At this point in time, our website has very little Dublin Core embedded in the pages. However, as we expand the permanent archive, we intend to add this metadata to all pages. IPs should consider placing Dublin Core in any documents submitted to the archive.
As a preliminary schema, all pages should use the following extra headers:
<link rel="schema.DC" href="http://purl.org/DC/elements/1.0/" /> <meta name="DC.Creator" content="Jesson, Nicholas" <meta name="DC.Title" content="Orthodox contributions to ecumenical ecclesiology" /> <meta name="DC.Subject" content="Orthodox Eastern churches; Christian unity; Theology" /> <meta name="DC.Description" content="A study of the Eastern Orthodox churches participation in the ecumenical movement, with particular focus upon their theological reflections on the nature of the church." /> <meta name="DC.Type" content="essay" /> <meta name="DC.Date" content="October 2001" /> <meta name="DC.Format" content="text/pdf" /> <meta name="DC.Language" content="en" /> <meta name="DC.Identifier" content="http://www.ecumenism.net/archive/jesson_orthodox.pdf" /> <meta name="DC.Rights" content="Copyright Nicholas Jesson 2001" />
Further specifications can be found at http://www.ietf.org/rfc/rfc2731.txt. Two elements that we would like to see used wherever possible allow encoding of ISBN and Library of Congress Catalog Numbers. These will obviously only apply to a small number of items.
<meta name="DC.Identifier" scheme="ISBN" content="1-56592-149-6" /> <meta name="DC.Identifier" scheme="LCCN" content="67-26020" />
Note that each element name has a prefix of DC. Additional schemas are envisioned that may use alternative prefixes.
Dublin Core can be added to HTML files at any time. However, it is difficult to add DC to Adobe PDF files after creation. It is recommended that you specify the DC in your wordprocessor and then convert the file using Adobe's Distiller.

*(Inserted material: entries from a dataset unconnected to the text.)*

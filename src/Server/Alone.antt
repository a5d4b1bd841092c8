-- ===== src/Server/Alone.antt =====
-- Writes of src/blockstorage_server.cc on a server whose peer is lost, whatever ids are in use.
use replicated_block_store.Prelude.{
  ℕ, ◌≡◌, ◌≤◌, ◌+◌, ◌++◌, refl, ap, ◌∙◌, Bool, Bytes, length, int_of_uint32,
}
use replicated_block_store.Disk.{Disk, Faults}
use replicated_block_store.Wal.{start, state_line, move_lines, pending_replication}
use replicated_block_store.Address.{block_size, block_storage_max_size}
use replicated_block_store.Address.Blocks.{file_parts}
use replicated_block_store.Address.Paths.{max_blocks}
use replicated_block_store.Device.{write_device}
use replicated_block_store.Server.{Server, ok, unavailable, returns}
use replicated_block_store.Server.Comm.{rename_movs}
use replicated_block_store.Server.Block.{Stub, address_string, call_prepare}
use replicated_block_store.Server.Write.{
  Job, paths, reply, enter_cache, add_transaction, enter_state, on_prepare, pend, replicate_staged,
  write_job, write,
}
use replicated_block_store.Server.Staging.{Calm}
use replicated_block_store.Server.View.{view}
use replicated_block_store.Server.Parts.{IsStaged-append_log, stage_parts}
use replicated_block_store.Server.Link.{write_to_log-start}
use replicated_block_store.Server.Replication.{
  view-enter_state, disk-update_entry, kv_store-update_entry, write_lem, disk-enter_cache,
  kv_store-enter_cache,
}
use replicated_block_store.Map.{Map}
use replicated_block_store.KvStore.{TxnData, add_to_kv_store, update_state_on_kv_store}
use replicated_block_store.Server.Pending.{pending_data}
use replicated_block_store.Server.Clean.{IsClean, IsClean-renamed}
use replicated_block_store.Server.Sound.{
  IsSound, IsReady-sound, IsFull-congr, write_device-IsFull, temp_view-enter_state,
}

module _ (os : Faults) (calm : Calm os) (cache_on : Bool) {P : Type 0} (stub : Stub P)
    (now buffer : Bytes) (a : ℕ) (p : P) (bound : a + block_size ≤ block_storage_max_size)
    (n : length buffer ≡ block_size)
    (lost : (call_prepare stub now buffer (file_parts a) p).0 ≡ unavailable) where
  -- The transactions behind it.
  abbrev pub pended : Map TxnData → Map TxnData
  pended kv = update_state_on_kv_store now pending_replication (
      add_to_kv_store now (pending_data a).original_files (pending_data a).sizes
        (pending_data a).offsets kv)

  write_job_alone :
      (key : Bytes) (s : Server)
      → IsSound s.disk
      → let w =
          write_job os cache_on stub
            (record { key = key; buffer = buffer; parts = file_parts a; txn_id = now })
            s
            p in
        (w.0 ≡ returns (reply ok))
        × ((b : ℕ) → b ≤ max_blocks → view w.1.disk b ≡ write_device a buffer (view s.disk) b)
        × IsClean w.1.disk
        × (w.1.kv_store ≡ pended s.kv_store)
  unfolding write_job add_transaction
  write_job_alone key s sound =
      let j : Job = record { key = key; buffer = buffer; parts = file_parts a; txn_id = now } in
      let record_line : Bytes =
        state_line now start ++ move_lines now (rename_movs (paths (file_parts a))) in
      let (ends, staged) =
        stage_parts os calm a buffer bound s.disk n (IsReady-sound s.disk a bound sound) in
      let logged = IsStaged-append_log os record_line a buffer (view s.disk) _ bound staged in
      rw (ends, replicate_staged, write_to_log-start os a now, lost, on_prepare, pend)
        (
          refl,
          (λ b hb. rw disk-update_entry (
              view-enter_state os calm a j pending_replication (view s.disk) (add_transaction j _ s)
                bound refl (cc) logged b hb)),
          (λ b hb. rw disk-update_entry (
              temp_view-enter_state os j pending_replication (add_transaction j _ s) b (cc) hb
              ∙ IsClean-renamed os calm a buffer record_line s.disk bound sound.clean b hb)),
          rw kv_store-update_entry (unfold enter_state in refl),
        )

  -- The write is the device's, and leaves a sound disk.
  pub write_alone :
      (s : Server)
      → IsSound s.disk
      → let w = write os cache_on stub now a buffer s p in
        (w.0 ≡ returns (reply ok))
        × ((b : ℕ) → b ≤ max_blocks → view w.1.disk b ≡ write_device a buffer (view s.disk) b)
        × IsSound w.1.disk
        × (w.1.kv_store ≡ pended s.kv_store)
  write_alone s sound =
      let key = address_string (int_of_uint32 a) in
      let same = disk-enter_cache cache_on key s in
      rw (write_lem os cache_on stub now buffer a s p bound) (
        let (o, vs, clean, kv) = write_job_alone key (enter_cache cache_on key s) (rw same sound) in
        let views : (b : ℕ) → b ≤ max_blocks → _ ≡ write_device a buffer (view s.disk) b =
          λ b hb. vs b hb ∙ ap (λ (d : Disk). write_device a buffer (view d) b) same in
        (
          o,
          views,
          record {
            full = IsFull-congr _ _ views (write_device-IsFull a buffer (view s.disk) n sound.full);
            clean = clean;
          },
          kv ∙ ap pended (kv_store-enter_cache cache_on key s),
        ))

Sometimes we create a webpage that is not intended to be searchable. For example, a comment form or search box. As a consideration for others searching the web, we can instruct the search engines to ignore certain pages that are only used for local housekeeping. The easiest way to exclude a page from the robots and spiders is to enter a <meta> tag in the following format:
<meta name="robots" content="noindex, nofollow" />
Alternative specifications are all, index, and follow. Perhaps you want your page to be excluded from the search engines, but you have included links to other pages that you want the robots to consider. Use:
noindex, follow
Be aware that some search engines will ignore these instructions. Email harvesting software used by Spammers regularly ignores these tags. To hide email addresses from harvesters, try our nospam JavaScript.